DATASET EXCERPTS:

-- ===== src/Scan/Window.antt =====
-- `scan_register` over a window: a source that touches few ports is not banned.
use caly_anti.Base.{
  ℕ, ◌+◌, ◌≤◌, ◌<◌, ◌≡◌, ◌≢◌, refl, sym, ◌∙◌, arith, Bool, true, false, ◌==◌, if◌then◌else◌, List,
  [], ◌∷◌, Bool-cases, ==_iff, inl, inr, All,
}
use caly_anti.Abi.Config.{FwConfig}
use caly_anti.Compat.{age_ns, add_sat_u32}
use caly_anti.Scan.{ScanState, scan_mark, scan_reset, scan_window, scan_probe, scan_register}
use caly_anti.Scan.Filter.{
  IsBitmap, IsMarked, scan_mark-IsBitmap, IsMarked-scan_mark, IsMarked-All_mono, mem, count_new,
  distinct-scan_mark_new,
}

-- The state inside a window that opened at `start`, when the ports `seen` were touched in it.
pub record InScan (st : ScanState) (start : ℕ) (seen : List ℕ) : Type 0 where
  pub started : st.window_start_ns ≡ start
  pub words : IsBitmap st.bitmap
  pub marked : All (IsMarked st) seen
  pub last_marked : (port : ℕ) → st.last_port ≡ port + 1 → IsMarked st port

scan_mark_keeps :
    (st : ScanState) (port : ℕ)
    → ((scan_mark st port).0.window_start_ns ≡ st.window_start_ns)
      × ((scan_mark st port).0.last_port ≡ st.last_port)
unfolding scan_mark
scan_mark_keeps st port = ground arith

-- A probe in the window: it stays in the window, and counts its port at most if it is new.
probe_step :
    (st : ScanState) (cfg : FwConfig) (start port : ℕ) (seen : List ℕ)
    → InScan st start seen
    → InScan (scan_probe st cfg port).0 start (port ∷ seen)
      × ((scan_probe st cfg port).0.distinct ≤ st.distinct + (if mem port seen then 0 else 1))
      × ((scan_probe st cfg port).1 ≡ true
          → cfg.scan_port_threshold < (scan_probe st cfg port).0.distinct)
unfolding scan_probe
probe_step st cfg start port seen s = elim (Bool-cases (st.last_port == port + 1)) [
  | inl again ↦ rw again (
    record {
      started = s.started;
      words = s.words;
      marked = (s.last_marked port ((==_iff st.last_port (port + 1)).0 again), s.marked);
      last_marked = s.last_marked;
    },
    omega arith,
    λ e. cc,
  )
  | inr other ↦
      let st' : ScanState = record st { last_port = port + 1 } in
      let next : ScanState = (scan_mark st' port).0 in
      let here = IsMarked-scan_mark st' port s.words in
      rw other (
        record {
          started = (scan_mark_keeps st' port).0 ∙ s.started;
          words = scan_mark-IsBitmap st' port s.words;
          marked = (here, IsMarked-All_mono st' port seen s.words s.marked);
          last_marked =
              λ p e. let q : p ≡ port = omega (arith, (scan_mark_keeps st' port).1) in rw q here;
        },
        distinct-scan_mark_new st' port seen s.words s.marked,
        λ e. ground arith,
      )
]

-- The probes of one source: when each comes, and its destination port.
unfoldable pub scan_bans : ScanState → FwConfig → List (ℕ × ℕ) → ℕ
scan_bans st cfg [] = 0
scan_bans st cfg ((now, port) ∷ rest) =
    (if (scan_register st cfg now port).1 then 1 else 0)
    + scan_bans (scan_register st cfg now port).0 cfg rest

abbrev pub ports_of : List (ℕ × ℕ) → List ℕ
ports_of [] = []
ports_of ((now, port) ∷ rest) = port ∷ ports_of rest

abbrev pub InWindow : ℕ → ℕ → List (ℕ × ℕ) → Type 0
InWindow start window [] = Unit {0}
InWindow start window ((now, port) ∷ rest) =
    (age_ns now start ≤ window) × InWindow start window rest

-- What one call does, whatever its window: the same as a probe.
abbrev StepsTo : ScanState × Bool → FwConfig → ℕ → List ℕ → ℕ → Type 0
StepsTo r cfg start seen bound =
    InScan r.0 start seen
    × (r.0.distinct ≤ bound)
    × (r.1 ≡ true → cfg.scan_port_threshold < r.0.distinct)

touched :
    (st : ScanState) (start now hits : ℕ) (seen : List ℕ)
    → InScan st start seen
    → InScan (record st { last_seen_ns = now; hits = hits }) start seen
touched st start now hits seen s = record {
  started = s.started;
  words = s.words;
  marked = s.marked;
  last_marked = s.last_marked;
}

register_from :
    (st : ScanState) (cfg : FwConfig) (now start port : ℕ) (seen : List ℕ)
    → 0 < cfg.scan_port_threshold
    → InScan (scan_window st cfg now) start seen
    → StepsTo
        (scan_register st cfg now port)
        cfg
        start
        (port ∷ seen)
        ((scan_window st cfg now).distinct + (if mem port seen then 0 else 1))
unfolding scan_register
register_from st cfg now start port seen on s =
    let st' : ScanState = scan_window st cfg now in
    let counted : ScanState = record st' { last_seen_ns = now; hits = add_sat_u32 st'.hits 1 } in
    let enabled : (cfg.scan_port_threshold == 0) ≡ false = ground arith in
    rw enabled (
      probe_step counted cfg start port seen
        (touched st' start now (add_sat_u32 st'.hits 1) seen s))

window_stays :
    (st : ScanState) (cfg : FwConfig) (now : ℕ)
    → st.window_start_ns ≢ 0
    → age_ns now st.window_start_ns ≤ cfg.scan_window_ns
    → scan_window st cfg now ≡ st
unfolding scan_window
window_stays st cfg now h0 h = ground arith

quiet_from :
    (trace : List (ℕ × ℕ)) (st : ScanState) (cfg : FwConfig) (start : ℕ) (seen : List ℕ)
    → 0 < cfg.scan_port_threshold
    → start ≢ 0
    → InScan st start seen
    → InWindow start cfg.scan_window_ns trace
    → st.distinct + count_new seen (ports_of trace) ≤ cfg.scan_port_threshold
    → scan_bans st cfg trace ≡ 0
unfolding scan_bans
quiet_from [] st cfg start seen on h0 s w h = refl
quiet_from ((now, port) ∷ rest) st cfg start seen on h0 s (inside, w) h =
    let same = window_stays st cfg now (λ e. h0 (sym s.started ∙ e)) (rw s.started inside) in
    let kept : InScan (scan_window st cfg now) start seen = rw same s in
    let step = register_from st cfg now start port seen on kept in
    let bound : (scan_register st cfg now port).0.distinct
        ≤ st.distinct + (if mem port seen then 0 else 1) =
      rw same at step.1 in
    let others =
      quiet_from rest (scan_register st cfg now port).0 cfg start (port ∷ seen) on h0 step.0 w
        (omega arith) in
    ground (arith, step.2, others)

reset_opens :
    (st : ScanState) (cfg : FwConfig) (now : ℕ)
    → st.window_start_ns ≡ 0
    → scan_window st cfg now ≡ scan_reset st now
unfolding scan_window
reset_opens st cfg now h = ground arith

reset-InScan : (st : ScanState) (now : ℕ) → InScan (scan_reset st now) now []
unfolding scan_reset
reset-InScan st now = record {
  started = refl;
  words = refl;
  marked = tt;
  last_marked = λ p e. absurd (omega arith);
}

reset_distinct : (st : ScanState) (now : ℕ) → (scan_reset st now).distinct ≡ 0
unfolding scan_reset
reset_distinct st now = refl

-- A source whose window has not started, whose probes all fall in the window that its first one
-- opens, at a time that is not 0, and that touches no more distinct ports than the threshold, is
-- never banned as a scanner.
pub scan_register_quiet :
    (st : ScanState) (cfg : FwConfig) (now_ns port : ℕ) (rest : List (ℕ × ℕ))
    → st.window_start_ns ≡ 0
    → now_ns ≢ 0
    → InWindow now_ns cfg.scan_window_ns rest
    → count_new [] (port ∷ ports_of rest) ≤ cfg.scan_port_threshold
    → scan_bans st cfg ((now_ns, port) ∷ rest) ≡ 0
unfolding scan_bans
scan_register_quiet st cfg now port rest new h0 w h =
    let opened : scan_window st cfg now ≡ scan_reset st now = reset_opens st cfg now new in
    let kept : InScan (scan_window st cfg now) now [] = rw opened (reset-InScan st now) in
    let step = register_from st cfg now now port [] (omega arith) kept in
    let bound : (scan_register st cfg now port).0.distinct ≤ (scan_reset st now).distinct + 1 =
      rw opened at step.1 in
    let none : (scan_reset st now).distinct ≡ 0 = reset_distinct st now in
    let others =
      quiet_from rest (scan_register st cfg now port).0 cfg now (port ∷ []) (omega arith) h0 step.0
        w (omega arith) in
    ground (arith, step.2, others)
* * *
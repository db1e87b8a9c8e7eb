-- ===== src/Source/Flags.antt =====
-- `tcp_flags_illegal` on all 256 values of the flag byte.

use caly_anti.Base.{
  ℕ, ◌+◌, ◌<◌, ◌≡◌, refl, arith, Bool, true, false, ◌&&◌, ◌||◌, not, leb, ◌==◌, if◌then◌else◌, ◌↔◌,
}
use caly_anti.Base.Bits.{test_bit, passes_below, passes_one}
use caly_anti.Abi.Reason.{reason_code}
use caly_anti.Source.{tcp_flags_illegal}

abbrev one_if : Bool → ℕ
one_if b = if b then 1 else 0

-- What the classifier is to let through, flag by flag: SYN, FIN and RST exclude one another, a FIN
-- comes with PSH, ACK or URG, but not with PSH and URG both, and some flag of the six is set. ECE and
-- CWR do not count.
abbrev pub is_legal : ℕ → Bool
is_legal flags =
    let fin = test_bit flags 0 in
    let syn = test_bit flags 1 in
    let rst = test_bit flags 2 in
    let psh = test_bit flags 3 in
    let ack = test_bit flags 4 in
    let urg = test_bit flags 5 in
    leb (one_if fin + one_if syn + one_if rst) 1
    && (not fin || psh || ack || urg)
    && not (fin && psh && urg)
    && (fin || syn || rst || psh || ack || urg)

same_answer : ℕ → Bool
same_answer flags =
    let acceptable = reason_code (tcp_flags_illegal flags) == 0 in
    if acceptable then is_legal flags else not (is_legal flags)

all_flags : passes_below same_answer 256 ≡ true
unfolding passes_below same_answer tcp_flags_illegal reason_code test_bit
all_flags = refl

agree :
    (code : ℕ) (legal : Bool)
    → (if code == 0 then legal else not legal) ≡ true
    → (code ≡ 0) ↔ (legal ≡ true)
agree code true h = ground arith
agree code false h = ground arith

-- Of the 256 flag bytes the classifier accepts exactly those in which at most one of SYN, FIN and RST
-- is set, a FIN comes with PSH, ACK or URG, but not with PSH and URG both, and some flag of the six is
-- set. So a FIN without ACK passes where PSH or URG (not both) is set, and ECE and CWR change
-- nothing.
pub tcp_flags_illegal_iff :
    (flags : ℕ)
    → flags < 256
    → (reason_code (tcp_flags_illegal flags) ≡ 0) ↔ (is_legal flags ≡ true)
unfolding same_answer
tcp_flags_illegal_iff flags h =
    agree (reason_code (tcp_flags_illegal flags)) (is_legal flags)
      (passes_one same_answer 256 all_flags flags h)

PROBLEM:
Among the lines above, find the one with "port).0.window_start_ns ≡ st.window_start_ns)" and the one with "port).0 start (port ∷ seen)". Quote both and everything between them, exactly.

SOLUTION TO THE PROBLEM:
    → ((scan_mark st port).0.window_start_ns ≡ st.window_start_ns)
      × ((scan_mark st port).0.last_port ≡ st.last_port)
unfolding scan_mark
scan_mark_keeps st port = ground arith

-- A probe in the window: it stays in the window, and counts its port at most if it is new.
probe_step :
    (st : ScanState) (cfg : FwConfig) (start port : ℕ) (seen : List ℕ)
    → InScan st start seen
    → InScan (scan_probe st cfg port).0 start (port ∷ seen)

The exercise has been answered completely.